• What this task involves: Please copy out the entries until you have copied the line that contains "items i zero = []", beginning with the first line.

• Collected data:
[Start of Attachment]

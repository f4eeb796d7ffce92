-- ===== src/Osal/Queue/Fifo.antt =====
-- A queue of posix_osal.c hands its items on in the order in which they came.
use wl_hosted_core.Prelude.{
  ℕ, zero, suc, ◌+◌, ◌-◌, ◌%◌, ◌≤◌, ◌<◌, ◌≡◌, ◌≢◌, refl, ◌∙◌, sym, ap, ap₂, arith, true, List, [],
  ◌∷◌, ◌++◌, append_assoc, append-nil, some, length, Bool, update, update_same, update_other,
}
use native.Mathlib.Nat.{mod-mod, mod-add-mod, mod-eq_of_lt, mod-eq-sub-mod}
use native.Mathlib.Decide.{dec_lt}
use wl_hosted_core.Osal.Queue.{QueueState, os_queue_create, add_size, put_item, get_item}

module _ {A : Type 0} (f : ℕ → A) (capacity : ℕ) where
  -- The `n` items from index `i` on, an index being read modulo the capacity.
  abbrev pub items : ℕ → ℕ → List A
  items i zero = []
  items i (suc n) = f (i % capacity) ∷ items (i + 1) n

  items_congr : (i j n : ℕ) → i % capacity ≡ j % capacity → items i n ≡ items j n
  items_congr i j zero e = refl
  items_congr i j (suc n) e = ap₂ ◌∷◌ (ap f e) (items_congr (i + 1) (j + 1) n next)
    where
      next : (i + 1) % capacity ≡ (j + 1) % capacity
      next =
          sym (mod-add-mod i capacity 1)
          ∙ ap (λ (k : ℕ). (k + 1) % capacity) e
          ∙ mod-add-mod j capacity 1

-- From an index one does not come back to it in fewer steps than there are places.
step-ne : (capacity h k : ℕ) → h < capacity → 0 < k → k < capacity → h ≢ (h + k) % capacity
step-ne capacity h k hh p hk = elim (dec_lt (h + k) capacity) [
  | yes near ↦ omega (arith, mod-eq_of_lt near)
  | no far ↦ omega (
    arith,
    mod-eq-sub-mod {n = h + k} {m = capacity} (omega arith),
    mod-eq_of_lt {n = h + k - capacity} {m = capacity} (omega arith),
  )
]

mod-ne : (capacity i k : ℕ) → 0 < k → k < capacity → i % capacity ≢ (i + k) % capacity
mod-ne capacity i k p h same =
    step-ne capacity (i % capacity) k (omega arith) p h (same ∙ sym (mod-add-mod i capacity k))

-- What is written behind a window that does not fill the array extends it.
items-update :
    {A : Type 0} (f : ℕ → A) (capacity i n t : ℕ) (x : A)
    → n < capacity
    → t ≡ (i + n) % capacity
    → items (update f t x) capacity i (suc n) ≡ items f capacity i n ++ (x ∷ [])
items-update f capacity i zero t x h e =
    ap (λ a. a ∷ [])
      (ap (update f t x) {x = i % capacity} {y = t}
          (sym (e ∙ ap (λ (k : ℕ). k % capacity) (omega arith)))
        ∙ update_same f x t)
items-update f capacity i (suc n) t x h e =
    ap₂ ◌∷◌
      (update_other f x t (i % capacity)
        (λ same. mod-ne capacity i (suc n) (omega arith) h (same ∙ e)))
      (items-update f capacity (i + 1) n t x (omega arith)
        (e ∙ ap (λ (k : ℕ). k % capacity) (omega arith)))

abbrev pub contents : {A : Type 0} → QueueState A → List A
contents q = items q.storage q.capacity q.head q.count

-- What `os_queue_create` sets up and every operation keeps. Both halves of the storage have places
-- that a `size_t` can count, so no addition wraps.
pub record IsValid {A : Type 0} (size_max : ℕ) (q : QueueState A) : Type 0 where
  pub head_in : q.head < q.capacity
  pub count_in : q.count ≤ q.capacity
  pub small : q.capacity + q.capacity ≤ size_max

-- The code tests `count == 0`; `items` matches on it.
items_of_ne_zero :
    {A : Type 0} (f : ℕ → A) (capacity i n : ℕ)
    → n ≢ 0
    → items f capacity i n ≡ f (i % capacity) ∷ items f capacity (i + 1) (n - 1)
items_of_ne_zero f capacity i zero ne = absurd (ne refl)
items_of_ne_zero f capacity i (suc n) ne =
    ap (λ (k : ℕ). f (i % capacity) ∷ items f capacity (i + 1) k) (omega arith)

add_size_lem : (size_max a b : ℕ) → a + b ≤ size_max → add_size size_max a b ≡ a + b
add_size_lem size_max a b h = mod-eq_of_lt (omega arith)

module _ {A : Type 0} (size_max : ℕ) where
  put_item-IsValid :
      (x : A) (q : QueueState A)
      → IsValid size_max q
      → q.count ≢ q.capacity
      → IsValid size_max (put_item size_max x (true, q)).1
  unfolding put_item
  put_item-IsValid x q v room =
      let last = add_size_lem size_max q.count 1 (omega arith) in
      record { head_in = v.head_in; count_in = omega (arith, last); small = v.small }

  contents-put_item :
      (x : A) (q : QueueState A)
      → IsValid size_max q
      → q.count ≢ q.capacity
      → contents (put_item size_max x (true, q)).1 ≡ contents q ++ (x ∷ [])
  unfolding put_item
  contents-put_item x q v room = rw (add_size_lem size_max q.count 1 (omega arith)) (
      rw (add_size_lem size_max q.head q.count (omega arith)) (
        ap (items (update q.storage ((q.head + q.count) % q.capacity) x) q.capacity q.head)
          {x = q.count + 1} {y = suc q.count} (omega arith)
        ∙ items-update q.storage q.capacity q.head q.count ((q.head + q.count) % q.capacity) x
            (omega arith) refl))

  get_item-IsValid :
      (q : QueueState A)
      → IsValid size_max q
      → q.count ≢ 0
      → IsValid size_max (get_item size_max (true, q)).1
  unfolding get_item
  get_item-IsValid q v some_left = record {
    head_in = omega arith;
    count_in = omega arith;
    small = v.small;
  }

  contents-get_item :
      (q : QueueState A)
      → IsValid size_max q
      → q.count ≢ 0
      → {item : A} → (get_item size_max (true, q)).0 ≡ some item
      → contents q ≡ item ∷ contents (get_item size_max (true, q)).1
  unfolding get_item
  contents-get_item q v some_left {item = item} got =
      let first : q.storage q.head ≡ item = cc in
      items_of_ne_zero q.storage q.capacity q.head q.count some_left
      ∙ ap₂ ◌∷◌ (ap q.storage (mod-eq_of_lt v.head_in) ∙ first) (
          items_congr q.storage q.capacity (q.head + 1) (add_size size_max q.head 1 % q.capacity)
            (q.count - 1)
            (ap (λ (k : ℕ). k % q.capacity) (sym (add_size_lem size_max q.head 1 (omega arith)))
              ∙ sym (mod-mod (add_size size_max q.head 1) q.capacity)))

  create_lem :
      (ready : Bool) (storage : ℕ → A) (item_size capacity : ℕ) {q : QueueState A}
      → capacity + capacity ≤ size_max
      → os_queue_create ready storage item_size capacity ≡ some q
      → IsValid size_max q × (contents q ≡ [])
  unfolding os_queue_create
  create_lem ready storage item_size capacity {q} small e =
      let none_yet : q.count ≡ 0 = ground arith in
      let at_start : q.head < q.capacity = ground arith in
      let room : q.capacity ≡ capacity = ground arith in
      (
        record { head_in = at_start; count_in = omega arith; small = omega (arith, room) },
        ap (items q.storage q.capacity q.head) none_yet,
      )

  -- The part of a call behind its wait, under the lock: the only part that changes the queue. The
  -- lists are what is sent and what is received.
  pub data Section (q : QueueState A) : List A → List A → QueueState A → Type 0 where
    put : (x : A) → q.count ≢ q.capacity → Section q (x ∷ []) [] (put_item size_max x (true, q)).1
    got :
        {item : A}
        → q.count ≢ 0
        → (get_item size_max (true, q)).0 ≡ some item
        → Section q [] (item ∷ []) (get_item size_max (true, q)).1

  -- Any threads' calls, in the order in which they hold the lock.
  pub data Run (q : QueueState A) : List A → List A → QueueState A → Type 0 where
    here : Run q [] [] q
    next :
        {sent received s r : List A} {q1 q2 : QueueState A}
        → Run q sent received q1
        → Section q1 s r q2
        → Run q (sent ++ s) (received ++ r) q2

  Section-fifo :
      {q : QueueState A} {s r : List A} {q1 : QueueState A}
      → IsValid size_max q
      → Section q s r q1
      → IsValid size_max q1 × (contents q ++ s ≡ r ++ contents q1)
  Section-fifo {q = q} v (put x room) =
      (put_item-IsValid x q v room, sym (contents-put_item x q v room))
  Section-fifo {q = q} v (got left first) =
      (get_item-IsValid q v left, append-nil (contents q) ∙ contents-get_item q v left first)

  Run-fifo :
      {q : QueueState A} {sent received : List A} {q1 : QueueState A}
      → IsValid size_max q
      → Run q sent received q1
      → IsValid size_max q1 × (contents q ++ sent ≡ received ++ contents q1)
  Run-fifo {q = q} v here = (v, append-nil (contents q))
  Run-fifo {q = q} {q1} v (next {sent} {received} {s} {r} {q1 = m} run last) =
      let before = Run-fifo v run in
      let after = Section-fifo before.0 last in
      (
        after.0,
        sym (append_assoc (contents q) sent s)
            ∙ ap (λ t. t ++ s) before.1
            ∙ append_assoc received (contents m) s
            ∙ ap (λ t. received ++ t) after.1
            ∙ sym (append_assoc received r (contents q1)),
      )

  length-items : (f : ℕ → A) (capacity i n : ℕ) → length (items f capacity i n) ≡ n
  length-items f capacity i zero = refl
  length-items f capacity i (suc n) = ap suc (length-items f capacity (i + 1) n)

  -- From a queue that was just created on, whose doubled capacity a `size_t` holds, whatever sections
  -- of whatever threads there are: what was received, followed by what the queue holds, is what was
  -- sent, in its order, and the queue holds no more items than its capacity.
  pub Run-fifo_created :
      (ready : Bool) (storage : ℕ → A) (item_size capacity : ℕ) {q : QueueState A}
      {sent received : List A} {q1 : QueueState A}
      → capacity + capacity ≤ size_max
      → os_queue_create ready storage item_size capacity ≡ some q
      → Run q sent received q1
      → (sent ≡ received ++ contents q1) × (length (contents q1) ≤ q1.capacity)
  Run-fifo_created ready storage item_size capacity {q} {sent} {q1 = q1} small e run =
      let made = create_lem ready storage item_size capacity small e in
      let fifo = Run-fifo made.0 run in
      (
        ap (λ t. t ++ sent) (sym made.1) ∙ fifo.1,
        omega (arith, (fifo.0).count_in, length-items q1.storage q1.capacity q1.head q1.count),
      )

[End of Attachment]

• Answer section:
repository f4eeb796d7ffce92
-- ===== src/Osal/Queue/Fifo.antt =====
-- A queue of posix_osal.c hands its items on in the order in which they came.
use wl_hosted_core.Prelude.{
  ℕ, zero, suc, ◌+◌, ◌-◌, ◌%◌, ◌≤◌, ◌<◌, ◌≡◌, ◌≢◌, refl, ◌∙◌, sym, ap, ap₂, arith, true, List, [],
  ◌∷◌, ◌++◌, append_assoc, append-nil, some, length, Bool, update, update_same, update_other,
}
use native.Mathlib.Nat.{mod-mod, mod-add-mod, mod-eq_of_lt, mod-eq-sub-mod}
use native.Mathlib.Decide.{dec_lt}
use wl_hosted_core.Osal.Queue.{QueueState, os_queue_create, add_size, put_item, get_item}

module _ {A : Type 0} (f : ℕ → A) (capacity : ℕ) where
  -- The `n` items from index `i` on, an index being read modulo the capacity.
  abbrev pub items : ℕ → ℕ → List A
  items i zero = []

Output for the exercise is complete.